Your task is to quote the records from their first line through the line containing "at_key-same (some a) = refl", with nothing added or left out.

Top of WORKING DATA

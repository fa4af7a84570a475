-- ===== src/Contracts/Chain/Loop.antt =====
-- The loop over the diffs, for any switch that has an effect on the diff's contract alone.
use indexd.Base.{
  ℕ, ◌≡◌, refl, sym, ap, subst, ◌∙◌, Bool, true, false, ◌&&◌, ◌||◌, Option, none, some, List, [],
  ◌∷◌, contains, ◌==◌, if◌then◌else◌, Bool-cases, inl, inr, ==_iff, or_false, and_false, if_same,
}
use indexd.Base.Outcome.{ok, ok_inj, value_of}
use indexd.Contracts.ChainTx.{Element, Diff, UpdateTx, is_some, at_key, latest, newest}
use indexd.Contracts.Chain.{CachedTx, Progress, is_known, Handler, visit_if_known, visit, visit_all}
use indexd.Contracts.Chain.Cache.{Sound, is_known_lem}
use indexd.Contracts.Chain.Effects.{Effect, no_effect, diff_of, OnePerContract, or_else, effect_at}

pub is_some-at_key : {A : Type 0} (f : A → A) (o : Option A) → is_some (at_key f o) ≡ is_some o
is_some-at_key f none = refl
is_some-at_key f (some a) = refl

at_key-none : {A : Type 0} (f : A → A) (o : Option A) → is_some o ≡ false → at_key f o ≡ o
at_key-none f none e = refl
at_key-none f (some a) e = cc

pub at_key-same : {A : Type 0} (o : Option A) → at_key (λ a. a) o ≡ o
at_key-same none = refl
at_key-same (some a) = refl

module _ {S Err : Type 0} (ops : UpdateTx S Err) (v2_renewal_id : ℕ → ℕ) (known : ℕ → Bool) where
  open ops use {row_of, element_of}

  -- From one state of the loop to another, a contract has had an effect.
  abbrev pub EffectAt : ℕ → Effect → Progress S → Progress S → Type 0
  EffectAt k effect p q =
      (row_of q.tx.db k ≡ at_key effect.on_row (row_of p.tx.db k))
      × (element_of q.tx.db k ≡ element_of p.tx.db k)
      × ((e : Option Element)
          → latest q.updated k e ≡ (
              if known k
              then or_else effect.written (latest p.updated k e)
              else latest p.updated k e))
      × (contains q.removed k ≡ (contains p.removed k || known k && effect.removed))

  abbrev pub Effects : (ℕ → Effect) → Progress S → Progress S → Type 0
  Effects effect p q = (k : ℕ) → EffectAt k (effect k) p q

  nothing_done : (p : Progress S) → Effects (λ k. no_effect) p p
  nothing_done p k = (
    sym (at_key-same (row_of p.tx.db k)),
    refl,
    λ e. sym (if_same (known k) (latest p.updated k e)),
    rw (and_false (known k)) (sym (or_false (contains p.removed k))),
  )

  then_nothing :
      (k : ℕ) (effect : Effect) (p q r : Progress S)
      → EffectAt k effect p q
      → EffectAt k no_effect q r
      → EffectAt k effect p r
  then_nothing k effect p q r (row, element, updated, removed)
        (row', element', updated', removed') =
      (
        row' ∙ at_key-same (row_of q.tx.db k) ∙ row,
        element' ∙ element,
        λ e. updated' e ∙ if_same (known k) (latest q.updated k e) ∙ updated e,
        removed'
            ∙ ap (λ b. contains q.removed k || b) (and_false (known k))
            ∙ or_false (contains q.removed k)
            ∙ removed,
      )

  nothing_then :
      (k : ℕ) (effect : Effect) (p q r : Progress S)
      → EffectAt k no_effect p q
      → EffectAt k effect q r
      → EffectAt k effect p r
  nothing_then k effect p q r (row, element, updated, removed)
        (row', element', updated', removed') =
      let same_row = row ∙ at_key-same (row_of p.tx.db k) in
      let same_removed =
        removed
        ∙ ap (λ b. contains p.removed k || b) (and_false (known k))
        ∙ or_false (contains p.removed k) in
      (
        row' ∙ ap (at_key effect.on_row) same_row,
        element' ∙ element,
        λ e.
            let same = updated e ∙ if_same (known k) (latest p.updated k e) in
            updated' e ∙ ap (λ l. if known k then or_else effect.written l else l) same,
        removed' ∙ ap (λ b. b || known k && effect.removed) same_removed,
      )

  -- A switch leaves the cache as it is, and has an effect on the contract of its diff.
  abbrev pub HasEffect : (Diff → Effect) → Handler ops v2_renewal_id → Type 0
  HasEffect effect handle =
      (d : Diff) (p q : Progress S)
      → Sound ops v2_renewal_id known p.tx
      → known d.element.id ≡ true
      → (newest d.revision_element d.element).id ≡ d.element.id
      → handle d p ≡ ok q
      → Sound ops v2_renewal_id known q.tx
        × Effects (λ k. if k == d.element.id then effect d else no_effect) p q

  module _ (effect : Diff → Effect) (handle : Handler ops v2_renewal_id)
      (has_effect : HasEffect effect handle) where
    visit_if_known-Effects :
        (d : Diff) (p q : Progress S) (b : Bool) (tx : CachedTx S)
        → Sound ops v2_renewal_id known tx
        → tx.db ≡ p.tx.db
        → b ≡ known d.element.id
        → (newest d.revision_element d.element).id ≡ d.element.id
        → visit_if_known ops v2_renewal_id handle d p (b, tx) ≡ ok q
        → Sound ops v2_renewal_id known q.tx
          × Effects (λ k. if k == d.element.id then effect d else no_effect) p q
    unfolding visit_if_known
    visit_if_known-Effects d p q true tx sound same truth own went =
        let (s, e) = has_effect d (record p { tx = tx }) q sound (sym truth) own went in
        (s, λ k. rw (sym same) (e k))
    visit_if_known-Effects d p q false tx sound same truth own went =
        let there = ok_inj went in
        rw (← there) (
          sound,
          λ k. elim (Bool-cases (k == d.element.id)) [
            | inl here ↦
                let known_none : known k ≡ false = cc ((==_iff k d.element.id).0 here, truth) in
                rw (here, same, known_none)
                  (
                    sym (
                        at_key-none _ (row_of p.tx.db k)
                          (ap (λ s. is_some (row_of s k)) (sym same) ∙ (sound k).0 ∙ known_none)),
                    refl,
                    λ e. refl,
                    sym (or_false (contains p.removed k)),
                  )
            | inr other ↦ rw (other, same) (nothing_done p k)
          ],
        )

    visit-Effects :
        (d : Diff) (p q : Progress S)
        → Sound ops v2_renewal_id known p.tx
        → (newest d.revision_element d.element).id ≡ d.element.id
        → visit ops v2_renewal_id handle d p ≡ ok q
        → Sound ops v2_renewal_id known q.tx
          × Effects (λ k. if k == d.element.id then effect d else no_effect) p q
    unfolding visit
    visit-Effects d p q sound own went =
        let ((b, tx), asked, rest) =
          value_of (visit_if_known ops v2_renewal_id handle d p)
            (is_known ops v2_renewal_id p.tx d.element.id) went in
        let (truth, same, still) =
          is_known_lem ops v2_renewal_id known p.tx d.element.id b tx sound asked in
        visit_if_known-Effects d p q b tx still same truth own rest

    pub visit_all-Effects :
        (diffs : List Diff) (p q : Progress S)
        → Sound ops v2_renewal_id known p.tx
        → OnePerContract diffs
        → visit_all ops v2_renewal_id handle diffs p ≡ ok q
        → Sound ops v2_renewal_id known q.tx × Effects (λ k. effect_at effect (diff_of diffs k)) p q
    unfolding visit_all OnePerContract diff_of
    visit_all-Effects [] p q sound one went = rw (← ok_inj went) (sound, nothing_done p)
    visit_all-Effects (d ∷ diffs) p q sound (fresh, own, one) went =
        let (m, first, rest) =
          value_of (visit_all ops v2_renewal_id handle diffs) (visit ops v2_renewal_id handle d p)
            went in
        let (still, e1) = visit-Effects d p m sound own first in
        let (end, e2) = visit_all-Effects diffs m q still one rest in
        (
          end,
          λ k. elim (Bool-cases (k == d.element.id)) [
            | inl here ↦
                let absent : diff_of diffs k ≡ none = rw ((==_iff k d.element.id).0 here) fresh in
                rw here (
                  then_nothing k (effect d) p m q
                    (subst (λ t. EffectAt k (if t then effect d else no_effect) p m) here (e1 k))
                    (subst (λ o. EffectAt k (effect_at effect o) m q) absent (e2 k)))
            | inr other ↦ rw other (
                nothing_then k (effect_at effect (diff_of diffs k)) p m q
                  (subst (λ t. EffectAt k (if t then effect d else no_effect) p m) other (e1 k))
                  (e2 k))
          ],
        )
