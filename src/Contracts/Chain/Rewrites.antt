-- ===== src/Contracts/Chain/Rewrites.antt =====
-- A contract whose row is changed, and whose element is then written or removed.
use indexd.Base.{
  ℕ, ◌≡◌, refl, sym, ap, ◌∙◌, subst, Bool, true, false, ◌||◌, Option, none, some, List, [], ◌∷◌,
  ◌++◌, contains, ◌==◌, if◌then◌else◌, Bool-cases, inl, inr, ==_iff, or_false, and_false, if_same,
  or_assoc,
}
use indexd.Base.Outcome.{Outcome, ok, ok_inj}
use indexd.Contracts.ChainTx.{Element, Row, UpdateTx, is_some, at_key, latest}
use indexd.Contracts.Chain.{Progress, write, remove, set_db}
use indexd.Contracts.Chain.Effects.{no_effect}
use indexd.Contracts.Chain.Cache.{Sound}
use indexd.Contracts.Chain.Loop.{Effects, is_some-at_key, at_key-same}

at_key-at_key :
    {A : Type 0} (f g : A → A) (o : Option A) → at_key g (at_key f o) ≡ at_key (λ a. g (f a)) o
at_key-at_key f g none = refl
at_key-at_key f g (some a) = refl

latest-append_one :
    (xs : List Element) (e : Element) (k : ℕ) (x : Option Element)
    → latest (xs ++ e ∷ []) k x ≡ (if k == e.id then some e else latest xs k x)
latest-append_one [] e k x = refl
latest-append_one (y ∷ xs) e k x = latest-append_one xs e k _

contains-append_one :
    (xs : List ℕ) (a k : ℕ) → contains (xs ++ a ∷ []) k ≡ (contains xs k || k == a)
contains-append_one [] a k = or_false (k == a)
contains-append_one (y ∷ xs) a k =
    ap (λ b. k == y || b) (contains-append_one xs a k) ∙ or_assoc (k == y) (contains xs k) (k == a)

module _ {S Err : Type 0} (ops : UpdateTx S Err) (v2_renewal_id : ℕ → ℕ) (known : ℕ → Bool) where
  open ops use {row_of, element_of}

  -- A contract whose row is changed, and no element yet.
  unfoldable pub Rewrites : ℕ → (Row → Row) → S → S → Type 0
  Rewrites id f s t =
      (k : ℕ)
      → (row_of t k ≡ (if k == id then at_key f (row_of s k) else row_of s k))
        × (element_of t k ≡ element_of s k)

  Rewrites-here :
      (id k : ℕ) (f : Row → Row) (s t : S)
      → (k == id) ≡ true
      → Rewrites id f s t
      → row_of t k ≡ at_key f (row_of s k)
  unfolding Rewrites
  Rewrites-here id k f s t here changed =
      subst (λ b. row_of t k ≡ (if b then at_key f (row_of s k) else row_of s k)) here (changed k).0

  Rewrites-other :
      (id k : ℕ) (f : Row → Row) (s t : S)
      → (k == id) ≡ false
      → Rewrites id f s t
      → row_of t k ≡ row_of s k
  unfolding Rewrites
  Rewrites-other id k f s t other changed =
      subst (λ b. row_of t k ≡ (if b then at_key f (row_of s k) else row_of s k)) other
        (changed k).0

  pub Rewrites-Sound :
      (id : ℕ) (f : Row → Row) (p : Progress S) (t : S)
      → Sound ops v2_renewal_id known p.tx
      → Rewrites id f p.tx.db t
      → Sound ops v2_renewal_id known (record p.tx { db = t })
  Rewrites-Sound id f p t sound changed k = (
    elim (Bool-cases (k == id)) [
      | inl here ↦
          ap is_some (Rewrites-here id k f p.tx.db t here changed)
          ∙ is_some-at_key f (row_of p.tx.db k)
          ∙ (sound k).0
      | inr other ↦ ap is_some (Rewrites-other id k f p.tx.db t other changed) ∙ (sound k).0
    ],
    (sound k).1,
  )

  pub Rewrites-then :
      (id : ℕ) (f g : Row → Row) (s t u : S)
      → Rewrites id f s t
      → Rewrites id g t u
      → Rewrites id (λ row. g (f row)) s u
  unfolding Rewrites
  Rewrites-then id f g s t u first second k = (
    elim (Bool-cases (k == id)) [
      | inl here ↦ rw here (
          Rewrites-here id k g t u here second
          ∙ ap (at_key g) (Rewrites-here id k f s t here first)
          ∙ at_key-at_key f g (row_of s k))
      | inr other ↦
          rw other (Rewrites-other id k g t u other second ∙ Rewrites-other id k f s t other first)
    ],
    (second k).1 ∙ (first k).1,
  )

  write-Effects :
      (id : ℕ) (f : Row → Row) (e : Element) (p : Progress S) (t : S)
      → e.id ≡ id
      → known id ≡ true
      → Rewrites id f p.tx.db t
      → Effects ops v2_renewal_id known
          (λ k.
            if k == id then record { on_row = f; written = some e; removed = false } else no_effect)
          p
          (write ops v2_renewal_id e (set_db p t))
  unfolding write Rewrites
  write-Effects id f e p t own is_in changed k = elim (Bool-cases (k == id)) [
    | inl here ↦
        let there : k ≡ id = (==_iff k id).0 here in
        rw here (
          Rewrites-here id k f p.tx.db t here changed,
          (changed k).1,
          λ x. rw (latest-append_one p.updated e k x, own, here, there, is_in) refl,
          rw (and_false (known k)) (sym (or_false (contains p.removed k))),
        )
    | inr other ↦ rw other (
      Rewrites-other id k f p.tx.db t other changed ∙ sym (at_key-same (row_of p.tx.db k)),
      (changed k).1,
      λ x. rw (latest-append_one p.updated e k x, own, other) (sym (if_same (known k) _)),
      rw (and_false (known k)) (sym (or_false (contains p.removed k))),
    )
  ]

  remove-Effects :
      (id : ℕ) (f : Row → Row) (p : Progress S) (t : S)
      → known id ≡ true
      → Rewrites id f p.tx.db t
      → Effects ops v2_renewal_id known
          (λ k.
            if k == id then record { on_row = f; written = none; removed = true } else no_effect)
          p
          (remove ops v2_renewal_id id (set_db p t))
  unfolding remove Rewrites
  remove-Effects id f p t is_in changed k = elim (Bool-cases (k == id)) [
    | inl here ↦
        let there : k ≡ id = (==_iff k id).0 here in
        rw here (
          Rewrites-here id k f p.tx.db t here changed,
          (changed k).1,
          λ x. sym (if_same (known k) _),
          rw (contains-append_one p.removed id k, here, there, is_in) refl,
        )
    | inr other ↦ rw other (
      Rewrites-other id k f p.tx.db t other changed ∙ sym (at_key-same (row_of p.tx.db k)),
      (changed k).1,
      λ x. sym (if_same (known k) _),
      rw (contains-append_one p.removed id k, other, and_false (known k)) refl,
    )
  ]

  pub Rewrites-nothing : (id : ℕ) (s : S) → Rewrites id (λ row. row) s s
  unfolding Rewrites
  Rewrites-nothing id s k = (
    sym (
        ap (λ o. if k == id then o else row_of s k) (at_key-same (row_of s k))
        ∙ if_same (k == id) _),
    refl,
  )

  -- The end of a case that writes an element, and of one that removes it.
  pub write-Ends :
      (id : ℕ) (f : Row → Row) (e : Element) (p q : Progress S) (t : S)
      → Sound ops v2_renewal_id known p.tx
      → e.id ≡ id
      → known id ≡ true
      → Rewrites id f p.tx.db t
      → ◌≡◌ {A = Outcome Err (Progress S)} (ok (write ops v2_renewal_id e (set_db p t))) (ok q)
      → Sound ops v2_renewal_id known q.tx
        × Effects ops v2_renewal_id known
            (λ k.
              if k == id
              then record { on_row = f; written = some e; removed = false }
              else no_effect)
            p
            q
  unfolding write
  write-Ends id f e p q t sound own is_in changed went =
      rw (← ok_inj went)
        (Rewrites-Sound id f p t sound changed, write-Effects id f e p t own is_in changed)

  pub remove-Ends :
      (id : ℕ) (f : Row → Row) (p q : Progress S) (t : S)
      → Sound ops v2_renewal_id known p.tx
      → known id ≡ true
      → Rewrites id f p.tx.db t
      → ◌≡◌ {A = Outcome Err (Progress S)} (ok (remove ops v2_renewal_id id (set_db p t))) (ok q)
      → Sound ops v2_renewal_id known q.tx
        × Effects ops v2_renewal_id known
            (λ k.
              if k == id then record { on_row = f; written = none; removed = true } else no_effect)
            p
            q
  unfolding remove
  remove-Ends id f p q t sound is_in changed went =
      rw (← ok_inj went)
        (Rewrites-Sound id f p t sound changed, remove-Effects id f p t is_in changed)
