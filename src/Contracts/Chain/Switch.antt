-- ===== src/Contracts/Chain/Switch.antt =====
-- What the switches over a diff do to its contract.
use indexd.Base.{ℕ, ◌≡◌, refl, ap, ◌∙◌, Bool, true, false, Option, none, some, ◌==◌, if◌then◌else◌}
use indexd.Base.Outcome.{ok, ◌>>=◌, value_of}
use indexd.Contracts.Contract.{ContractState, pending, active, resolved}
use indexd.Contracts.ChainTx.{
  Resolution, renewal, storage_proof, expiration, Diff, Row, UpdateTx, is_some, at_key, renewed_row,
  newest,
}
use indexd.Contracts.Chain.{
  Progress, write, remove, apply_case, apply_known, revert_case, revert_known, set_db,
}
use indexd.Contracts.Chain.Effects.{
  no_effect, applied_case, apply_effect, reverted_case, revert_effect,
}
use indexd.Contracts.Chain.Cache.{Sound}
use indexd.Contracts.Chain.Loop.{Effects, HasEffect}
use indexd.Contracts.Chain.Rewrites.{
  Rewrites, Rewrites-then, Rewrites-nothing, Rewrites-Sound, write-Ends, remove-Ends,
}

module _ {S Err : Type 0} (ops : UpdateTx S Err) (v2_renewal_id : ℕ → ℕ) (known : ℕ → Bool) where
  open ops use {row_of}

  -- The row that a renewal is recorded in, when the contracts that are known are known.
  renewed_row-known :
      (other : ℕ → Bool) (r : ℕ) (o : Option Row)
      → other r ≡ known r
      → at_key (renewed_row other (some r)) o ≡ at_key (renewed_row known (some r)) o
  renewed_row-known other r none same = refl
  renewed_row-known other r (some row) same = rw same refl

  state_updated-Rewrites :
      (id : ℕ) (state : ContractState) (s t : S)
      → ops.update_contract_state id state s ≡ ok t
      → Rewrites ops v2_renewal_id known id (λ row. record row { state = state }) s t
  unfolding Rewrites
  state_updated-Rewrites id state s t went = ops.state_updated id state s t went

  renewal-Rewrites :
      (id r : ℕ) (s t : S)
      → is_some (row_of s r) ≡ known r
      → ops.update_contract_renewed_to id (some r) s ≡ ok t
      → Rewrites ops v2_renewal_id known id (renewed_row known (some r)) s t
  unfolding Rewrites
  renewal-Rewrites id r s t same went k =
      let (row, element) = ops.renewed_to_updated id (some r) s t went k in
      (
        row
            ∙ ap (λ o. if k == id then o else row_of s k)
                (renewed_row-known (λ j. is_some (row_of s j)) r (row_of s k) same),
        element,
      )

  renewal_cleared-Rewrites :
      (id : ℕ) (s t : S)
      → ops.update_contract_renewed_to id none s ≡ ok t
      → Rewrites ops v2_renewal_id known id (λ row. record row { renewed_to = none }) s t
  unfolding Rewrites
  renewal_cleared-Rewrites id s t went = ops.renewed_to_updated id none s t went

  -- A resolution that is no renewal.
  resolved-Ends :
      (d : Diff) (p q : Progress S)
      → Sound ops v2_renewal_id known p.tx
      → known d.element.id ≡ true
      → (ops.update_contract_state d.element.id resolved p.tx.db >>= λ s.
          ok (remove ops v2_renewal_id d.element.id (set_db p s)))
        ≡ ok q
      → Sound ops v2_renewal_id known q.tx
        × Effects ops v2_renewal_id known
            (λ k.
              if k == d.element.id
              then record {
                on_row = λ row. record row { state = resolved };
                written = none;
                removed = true;
              }
              else no_effect)
            p
            q
  resolved-Ends d p q sound is_in went =
      let (s, first, rest) =
        value_of (λ s. ok (remove ops v2_renewal_id d.element.id (set_db p s)))
          (ops.update_contract_state d.element.id resolved p.tx.db) went in
      remove-Ends ops v2_renewal_id known d.element.id _ p q s sound is_in
        (state_updated-Rewrites d.element.id resolved p.tx.db s first) rest

  restored-Ends :
      (d : Diff) (p q : Progress S)
      → Sound ops v2_renewal_id known p.tx
      → known d.element.id ≡ true
      → (ops.update_contract_state d.element.id active p.tx.db >>= λ s.
          ok (write ops v2_renewal_id d.element (set_db p s)))
        ≡ ok q
      → Sound ops v2_renewal_id known q.tx
        × Effects ops v2_renewal_id known
            (λ k.
              if k == d.element.id
              then record {
                on_row = λ row. record row { state = active };
                written = some d.element;
                removed = false;
              }
              else no_effect)
            p
            q
  restored-Ends d p q sound is_in went =
      let (s, first, rest) =
        value_of (λ s. ok (write ops v2_renewal_id d.element (set_db p s)))
          (ops.update_contract_state d.element.id active p.tx.db) went in
      write-Ends ops v2_renewal_id known d.element.id _ d.element p q s sound refl is_in
        (state_updated-Rewrites d.element.id active p.tx.db s first) rest

  apply_case-Effects :
      (d : Diff) (created : Bool) (resolution : Option Resolution) (p q : Progress S)
      → Sound ops v2_renewal_id known p.tx
      → known d.element.id ≡ true
      → (newest d.revision_element d.element).id ≡ d.element.id
      → apply_case ops v2_renewal_id d p created resolution ≡ ok q
      → Sound ops v2_renewal_id known q.tx
        × Effects ops v2_renewal_id known
            (λ k.
              if k == d.element.id
              then applied_case known v2_renewal_id d created resolution
              else no_effect)
            p
            q
  unfolding apply_case applied_case
  apply_case-Effects d true _ p q sound is_in own went =
      let (s, first, rest) =
        value_of (λ s. ok (write ops v2_renewal_id d.element (set_db p s)))
          (ops.update_contract_state d.element.id active p.tx.db) went in
      write-Ends ops v2_renewal_id known d.element.id _ d.element p q s sound refl is_in
        (state_updated-Rewrites d.element.id active p.tx.db s first) rest
  apply_case-Effects d false (some renewal) p q sound is_in own went =
      let (s, first, second_half) =
        value_of
          (λ s.
            ops.update_contract_renewed_to d.element.id (some (v2_renewal_id d.element.id)) s
            >>= λ t. ok (remove ops v2_renewal_id d.element.id (set_db p t)))
          (ops.update_contract_state d.element.id resolved p.tx.db) went in
      let (t, second, rest) =
        value_of (λ t. ok (remove ops v2_renewal_id d.element.id (set_db p t)))
          (ops.update_contract_renewed_to d.element.id (some (v2_renewal_id d.element.id)) s)
          second_half in
      let state = state_updated-Rewrites d.element.id resolved p.tx.db s first in
      let still =
        (Rewrites-Sound ops v2_renewal_id known d.element.id _ p s sound state
          (v2_renewal_id d.element.id)).0 in
      remove-Ends ops v2_renewal_id known d.element.id _ p q t sound is_in
        (Rewrites-then ops v2_renewal_id known d.element.id _ _ p.tx.db s t state
          (renewal-Rewrites d.element.id (v2_renewal_id d.element.id) s t still second))
        rest
  apply_case-Effects d false (some storage_proof) p q sound is_in own went =
      resolved-Ends d p q sound is_in went
  apply_case-Effects d false (some expiration) p q sound is_in own went =
      resolved-Ends d p q sound is_in went
  apply_case-Effects d false none p q sound is_in own went =
      write-Ends ops v2_renewal_id known d.element.id _ (newest d.revision_element d.element) p q
        p.tx.db sound own is_in (Rewrites-nothing ops v2_renewal_id known d.element.id p.tx.db) went

  revert_case-Effects :
      (d : Diff) (created : Bool) (resolution : Option Resolution) (p q : Progress S)
      → Sound ops v2_renewal_id known p.tx
      → known d.element.id ≡ true
      → revert_case ops v2_renewal_id d p created resolution ≡ ok q
      → Sound ops v2_renewal_id known q.tx
        × Effects ops v2_renewal_id known
            (λ k. if k == d.element.id then reverted_case d created resolution else no_effect)
            p
            q
  unfolding revert_case reverted_case
  revert_case-Effects d true _ p q sound is_in went =
      let (s, first, rest) =
        value_of (λ s. ok (remove ops v2_renewal_id d.element.id (set_db p s)))
          (ops.update_contract_state d.element.id pending p.tx.db) went in
      remove-Ends ops v2_renewal_id known d.element.id _ p q s sound is_in
        (state_updated-Rewrites d.element.id pending p.tx.db s first) rest
  revert_case-Effects d false (some renewal) p q sound is_in went =
      let (s, first, second_half) =
        value_of
          (λ s. ops.update_contract_renewed_to d.element.id none s >>= λ t.
            ok (write ops v2_renewal_id d.element (set_db p t)))
          (ops.update_contract_state d.element.id active p.tx.db) went in
      let (t, second, rest) =
        value_of (λ t. ok (write ops v2_renewal_id d.element (set_db p t)))
          (ops.update_contract_renewed_to d.element.id none s) second_half in
      let state = state_updated-Rewrites d.element.id active p.tx.db s first in
      write-Ends ops v2_renewal_id known d.element.id _ d.element p q t sound refl is_in
        (Rewrites-then ops v2_renewal_id known d.element.id _ _ p.tx.db s t state
          (renewal_cleared-Rewrites d.element.id s t second))
        rest
  revert_case-Effects d false (some storage_proof) p q sound is_in went =
      restored-Ends d p q sound is_in went
  revert_case-Effects d false (some expiration) p q sound is_in went =
      restored-Ends d p q sound is_in went
  revert_case-Effects d false none p q sound is_in went =
      write-Ends ops v2_renewal_id known d.element.id _ d.element p q p.tx.db sound refl is_in
        (Rewrites-nothing ops v2_renewal_id known d.element.id p.tx.db) went

  pub apply_known-HasEffect :
      HasEffect ops v2_renewal_id known
        (apply_effect known v2_renewal_id)
        (apply_known ops v2_renewal_id)
  unfolding apply_known
  apply_known-HasEffect d p q sound is_in own went =
      apply_case-Effects d d.created d.resolution p q sound is_in own went

  pub revert_known-HasEffect :
      HasEffect ops v2_renewal_id known revert_effect (revert_known ops v2_renewal_id)
  unfolding revert_known
  revert_known-HasEffect d p q sound is_in own went =
      revert_case-Effects d d.created d.resolution p q sound is_in went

Bottom of WORKING DATA

### OUTPUT FOR THIS EXERCISE
repository fa4af7a84570a475
-- ===== src/Contracts/Chain/Loop.antt =====
-- The loop over the diffs, for any switch that has an effect on the diff's contract alone.
use indexd.Base.{
  ℕ, ◌≡◌, refl, sym, ap, subst, ◌∙◌, Bool, true, false, ◌&&◌, ◌||◌, Option, none, some, List, [],
  ◌∷◌, contains, ◌==◌, if◌then◌else◌, Bool-cases, inl, inr, ==_iff, or_false, and_false, if_same,
}
use indexd.Base.Outcome.{ok, ok_inj, value_of}
use indexd.Contracts.ChainTx.{Element, Diff, UpdateTx, is_some, at_key, latest, newest}
use indexd.Contracts.Chain.{CachedTx, Progress, is_known, Handler, visit_if_known, visit, visit_all}
use indexd.Contracts.Chain.Cache.{Sound, is_known_lem}
use indexd.Contracts.Chain.Effects.{Effect, no_effect, diff_of, OnePerContract, or_else, effect_at}

pub is_some-at_key : {A : Type 0} (f : A → A) (o : Option A) → is_some (at_key f o) ≡ is_some o
is_some-at_key f none = refl
is_some-at_key f (some a) = refl

at_key-none : {A : Type 0} (f : A → A) (o : Option A) → is_some o ≡ false → at_key f o ≡ o
at_key-none f none e = refl
at_key-none f (some a) e = cc

pub at_key-same : {A : Type 0} (o : Option A) → at_key (λ a. a) o ≡ o
at_key-same none = refl
at_key-same (some a) = refl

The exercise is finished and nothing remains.